━━━━━ Data for analysis

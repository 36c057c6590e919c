-- ===== src/Strings/Trim/Tests.antt =====
-- A line of a configuration file.
use warhead_fix.Base.{◌≡◌, refl, []}
use warhead_fix.Base.Texts.{codes}
use warhead_fix.Strings.Trim.{
  is_space, first_from, char_at, last_before, trim, length_from, trim_right_in_place,
}
use warhead_fix.Strings.Trim.Outcome.{IsTrimOf, trim_lem}

option_line : trim (codes "  LogsDir = \t") ≡ codes "LogsDir ="
unfolding trim first_from last_before char_at is_space
option_line = refl

spaces_line : trim (codes "   ") ≡ []
unfolding trim first_from last_before char_at is_space
spaces_line = refl

right_only : trim_right_in_place (codes " a b  ") ≡ codes " a b"
unfolding trim_right_in_place length_from char_at is_space
right_only = refl

trim_lem_example : IsTrimOf (codes "  LogsDir = ") (trim (codes "  LogsDir = "))
trim_lem_example = trim_lem (codes "  LogsDir = ")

━━━━━━━━━━

• Work instruction
Please repeat each entry exactly as written.

• Result
repository 36c057c6590e919c
-- ===== src/Strings/Trim/Tests.antt =====
-- A line of a configuration file.
use warhead_fix.Base.{◌≡◌, refl, []}
use warhead_fix.Base.Texts.{codes}
use warhead_fix.Strings.Trim.{
  is_space, first_from, char_at, last_before, trim, length_from, trim_right_in_place,
}
use warhead_fix.Strings.Trim.Outcome.{IsTrimOf, trim_lem}

option_line : trim (codes "  LogsDir = \t") ≡ codes "LogsDir ="
unfolding trim first_from last_before char_at is_space
option_line = refl

spaces_line : trim (codes "   ") ≡ []
unfolding trim first_from last_before char_at is_space
spaces_line = refl

right_only : trim_right_in_place (codes " a b  ") ≡ codes " a b"
unfolding trim_right_in_place length_from char_at is_space
right_only = refl

trim_lem_example : IsTrimOf (codes "  LogsDir = ") (trim (codes "  LogsDir = "))
trim_lem_example = trim_lem (codes "  LogsDir = ")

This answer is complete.